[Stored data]
==================================================
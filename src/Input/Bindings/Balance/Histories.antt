-- ===== src/Input/Bindings/Balance/Histories.antt =====
-- Cycles and reshapes of a poller of internal/input_poller.cpp in any order, and what the callbacks of holds
-- are told.
use detour_mod_kit.Base.{ℕ, ◌+◌, ◌≡◌, true, false, List, [], ◌∷◌, ◌++◌, arith}
use detour_mod_kit.Input.{Entry, Call}
use detour_mod_kit.Input.Bindings.{
  Poller, release_calls, update_combos, remove_bindings_by_name, release_active_holds,
}
use detour_mod_kit.Input.Bindings.History.{
  Op, cycle, update, add, remove, clear, release, consume_named, consume_owned, apply, run,
}
use detour_mod_kit.Input.Bindings.Balance.{
  told, active_holds, told-append, Balanced, unchanged, cycle-Balanced,
}
use detour_mod_kit.Input.Bindings.Balance.Reshapes.{told-release_calls, active_holds-deactivate}
use detour_mod_kit.Input.Bindings.Balance.Operations.{
  update_found-Balanced, add_bindings-Balanced, remove_found-Balanced, clear_bindings-Balanced,
  release-Balanced, set_consume-Balanced, set_consume_by_owner-Balanced,
}

-- No memory runs out while calls are staged, and what is removed is told of its release.
unfoldable pub Told : Op → Type 0
Told (cycle reserves memory focused s) = (c : Call) → memory c ≡ true
Told (remove memory caches drawn name invoke) = invoke ≡ true
Told (clear memory drawn invoke) = invoke ≡ true
Told _ = Unit

unfoldable pub AllTold : List Op → Type 0
unfolding Told
AllTold [] = Unit
AllTold (o ∷ os) = Told o × AllTold os

apply-Balanced :
    (f : ℕ) (o : Op) (p : Poller)
    → Told o
    → let r = apply o p in Balanced f r.1 p.entries r.0.entries
unfolding apply Told update_combos remove_bindings_by_name
apply-Balanced f (cycle reserves memory focused s) p t =
    cycle-Balanced reserves memory t f focused s p.known_modifiers p.entries
apply-Balanced f (update memory caches drawn name combos) p t =
    update_found-Balanced f memory caches drawn name combos p p.indexed
apply-Balanced f (add memory caches drawn bs) p t = add_bindings-Balanced f memory caches drawn bs p
apply-Balanced f (remove memory caches drawn name invoke) p t =
    rw t (remove_found-Balanced f memory caches drawn name p p.indexed)
apply-Balanced f (clear memory drawn invoke) p t = rw t (clear_bindings-Balanced f memory drawn p)
apply-Balanced f release p t = release-Balanced f p
apply-Balanced f (consume_named caches drawn name consume) p t =
    set_consume-Balanced f caches drawn name consume p
apply-Balanced f (consume_owned caches drawn owner consume) p t =
    set_consume_by_owner-Balanced f caches drawn owner consume p

joined :
    (f : ℕ) (cs ds : List Call) (before between after : List Entry)
    → Balanced f cs before between
    → Balanced f ds between after
    → Balanced f (cs ++ ds) before after
unfolding Balanced
joined f cs ds before between after h k =
    omega (arith, h, k, told-append f true cs ds, told-append f false cs ds)

run-Balanced :
    (f : ℕ) (os : List Op) (p : Poller)
    → AllTold os
    → let r = run os p in Balanced f r.1 p.entries r.0.entries
unfolding run AllTold
run-Balanced f [] p t = unchanged f p.entries
run-Balanced f (o ∷ os) p t =
    let r = apply o p in
    joined f r.1 (run os r.0).1 p.entries r.0.entries (run os r.0).0.entries
      (apply-Balanced f o p t.0) (run-Balanced f os r.0 t.1)

-- Over any cycles and reshapes, of which none runs out of memory while it stages calls and none removes
-- bindings in silence, the presses that the callback of a hold is told of and its active entries before are
-- as many as the releases that it is told of and its active entries after.
pub held_balance :
    (f : ℕ) (os : List Op) (p : Poller)
    → AllTold os
    → let r = run os p in
      told f true r.1 + active_holds f p.entries ≡ told f false r.1 + active_holds f r.0.entries
unfolding Balanced
held_balance f os p t = run-Balanced f os p t

-- A poller starts with no active entry, and releases the active holds at its end, which no hold survives:
-- under the same conditions every callback is told of as many releases as presses.
pub released_at_end :
    (f : ℕ) (os : List Op) (p : Poller)
    → AllTold os
    → active_holds f p.entries ≡ 0
    → let r = run os p in
      let last = release_active_holds r.0 in
      (active_holds f last.0.entries ≡ 0)
      × (told f true (r.1 ++ last.1) ≡ told f false (r.1 ++ last.1))
unfolding release_active_holds
released_at_end f os p t z =
    let r = run os p in
    let last = told-release_calls f r.0.entries in
    (
      active_holds-deactivate f r.0.entries,
      omega (
        arith,
        held_balance f os p t,
        z,
        last.0,
        last.1,
        told-append f true r.1 (release_calls r.0.entries),
        told-append f false r.1 (release_calls r.0.entries),
      ),
    )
==================================================
_What to produce:_ Please output every record exactly as it appears.

_Output of the exercise:_
filename src/Input/Bindings/Balance/Histories.antt
-- ===== src/Input/Bindings/Balance/Histories.antt =====
-- Cycles and reshapes of a poller of internal/input_poller.cpp in any order, and what the callbacks of holds
-- are told.
use detour_mod_kit.Base.{ℕ, ◌+◌, ◌≡◌, true, false, List, [], ◌∷◌, ◌++◌, arith}
use detour_mod_kit.Input.{Entry, Call}
use detour_mod_kit.Input.Bindings.{
  Poller, release_calls, update_combos, remove_bindings_by_name, release_active_holds,
}
use detour_mod_kit.Input.Bindings.History.{
  Op, cycle, update, add, remove, clear, release, consume_named, consume_owned, apply, run,
}
use detour_mod_kit.Input.Bindings.Balance.{
  told, active_holds, told-append, Balanced, unchanged, cycle-Balanced,
}
use detour_mod_kit.Input.Bindings.Balance.Reshapes.{told-release_calls, active_holds-deactivate}
use detour_mod_kit.Input.Bindings.Balance.Operations.{
  update_found-Balanced, add_bindings-Balanced, remove_found-Balanced, clear_bindings-Balanced,
  release-Balanced, set_consume-Balanced, set_consume_by_owner-Balanced,
}

-- No memory runs out while calls are staged, and what is removed is told of its release.
unfoldable pub Told : Op → Type 0
Told (cycle reserves memory focused s) = (c : Call) → memory c ≡ true
Told (remove memory caches drawn name invoke) = invoke ≡ true
Told (clear memory drawn invoke) = invoke ≡ true
Told _ = Unit

unfoldable pub AllTold : List Op → Type 0
unfolding Told
AllTold [] = Unit
AllTold (o ∷ os) = Told o × AllTold os

apply-Balanced :
    (f : ℕ) (o : Op) (p : Poller)
    → Told o
    → let r = apply o p in Balanced f r.1 p.entries r.0.entries
unfolding apply Told update_combos remove_bindings_by_name
apply-Balanced f (cycle reserves memory focused s) p t =
    cycle-Balanced reserves memory t f focused s p.known_modifiers p.entries
apply-Balanced f (update memory caches drawn name combos) p t =
    update_found-Balanced f memory caches drawn name combos p p.indexed
apply-Balanced f (add memory caches drawn bs) p t = add_bindings-Balanced f memory caches drawn bs p
apply-Balanced f (remove memory caches drawn name invoke) p t =
    rw t (remove_found-Balanced f memory caches drawn name p p.indexed)
apply-Balanced f (clear memory drawn invoke) p t = rw t (clear_bindings-Balanced f memory drawn p)
apply-Balanced f release p t = release-Balanced f p
apply-Balanced f (consume_named caches drawn name consume) p t =
    set_consume-Balanced f caches drawn name consume p
apply-Balanced f (consume_owned caches drawn owner consume) p t =
    set_consume_by_owner-Balanced f caches drawn owner consume p

joined :
    (f : ℕ) (cs ds : List Call) (before between after : List Entry)
    → Balanced f cs before between
    → Balanced f ds between after
    → Balanced f (cs ++ ds) before after
unfolding Balanced
joined f cs ds before between after h k =
    omega (arith, h, k, told-append f true cs ds, told-append f false cs ds)

run-Balanced :
    (f : ℕ) (os : List Op) (p : Poller)
    → AllTold os
    → let r = run os p in Balanced f r.1 p.entries r.0.entries
unfolding run AllTold
run-Balanced f [] p t = unchanged f p.entries
run-Balanced f (o ∷ os) p t =
    let r = apply o p in
    joined f r.1 (run os r.0).1 p.entries r.0.entries (run os r.0).0.entries
      (apply-Balanced f o p t.0) (run-Balanced f os r.0 t.1)

-- Over any cycles and reshapes, of which none runs out of memory while it stages calls and none removes
-- bindings in silence, the presses that the callback of a hold is told of and its active entries before are
-- as many as the releases that it is told of and its active entries after.
pub held_balance :
    (f : ℕ) (os : List Op) (p : Poller)
    → AllTold os
    → let r = run os p in
      told f true r.1 + active_holds f p.entries ≡ told f false r.1 + active_holds f r.0.entries
unfolding Balanced
held_balance f os p t = run-Balanced f os p t

-- A poller starts with no active entry, and releases the active holds at its end, which no hold survives:
-- under the same conditions every callback is told of as many releases as presses.
pub released_at_end :
    (f : ℕ) (os : List Op) (p : Poller)
    → AllTold os
    → active_holds f p.entries ≡ 0
    → let r = run os p in
      let last = release_active_holds r.0 in
      (active_holds f last.0.entries ≡ 0)
      × (told f true (r.1 ++ last.1) ≡ told f false (r.1 ++ last.1))
unfolding release_active_holds
released_at_end f os p t z =
    let r = run os p in
    let last = told-release_calls f r.0.entries in
    (
      active_holds-deactivate f r.0.entries,
      omega (
        arith,
        held_balance f os p t,
        z,
        last.0,
        last.1,
        told-append f true r.1 (release_calls r.0.entries),
        told-append f false r.1 (release_calls r.0.entries),
      ),
    )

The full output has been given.